Ники пропустил это мимо ушей.

— Они даже не пытаются скрыть это или отрицать. Зачем, когда они изо дня в день работают с ТП-детьми? И они не стараются сохранить то, что они делают в секрете, потому что даже Ша не может проникнуть глубоко, хотя она довольно хороша.

— В большинстве случаев я набираю девяносто процентов на картах Рейна[40], — сказала Калиша. Без хвастовства, просто констатировала факт. — Я могу назвать имя твоей бабушки, если ты будешь держать его в уме, но глубже я проникнуть не могу.

«Мою бабушку зовут Ребекка», — подумал Люк.

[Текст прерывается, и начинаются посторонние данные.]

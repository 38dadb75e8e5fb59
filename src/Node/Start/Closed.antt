-- ===== src/Node/Start/Closed.antt =====
-- What Close leaves behind.
use ccaa.Base.{nat_eq, string_eq, str_append, false, ◌≡◌, Option, none, some}
use ccaa.Task.{Task}
use ccaa.Core.Interface.{Core, Error}
use ccaa.Node.Controller.{Controller}

-- No loop of the task starts a new round.
abbrev pub IsStopped : Option Task → Type 0
IsStopped none = Unit
IsStopped (some t) = t.running ≡ false

-- The four tasks of a controller.
abbrev pub AreStopped : {S X B R : Type 0} → Controller S X B R → Type 0
AreStopped c =
    (c.node_info_monitor_periodic.running ≡ false)
    × (c.user_report_periodic.running ≡ false)
    × IsStopped c.renew_cert_periodic
    × IsStopped c.dynamic_speed_limit_periodic

-- The error that a server's error becomes.
abbrev pub wrapped : Error → Error
wrapped e = elim e [ none ↦ none | some text ↦ some (str_append "del node error: " text) ]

— Ребекка, — сказала Калиша, и увидев выражение удивления на лице Люка, захихикала, как ребёнок, которым была совсем недавно.

— Тебе белые, — сказал Ники. — Я всегда играю чёрными.

— Ник по совместительству наш дебошир, — сказал Джордж.

— О чём свидетельствуют эти отметины, — сказала Калиша. — Полезного мало, но он ничего не может с собой поделать. А в его комнате стоит бардак — ещё одно проявление детского бунтарства, которое только добавляет Морин работы.

Ники без улыбки повернулся к чернокожей девочке:

— Если бы Морин, как ты её считаешь, была святой, она бы вывела нас отсюда. Или дала наводку в ближайший полицейский участок.

Калиша помотала головой.

— Включи мозги. Если ты работаешь здесь, значит ты часть этого. И не важно, хорошая ты или плохая.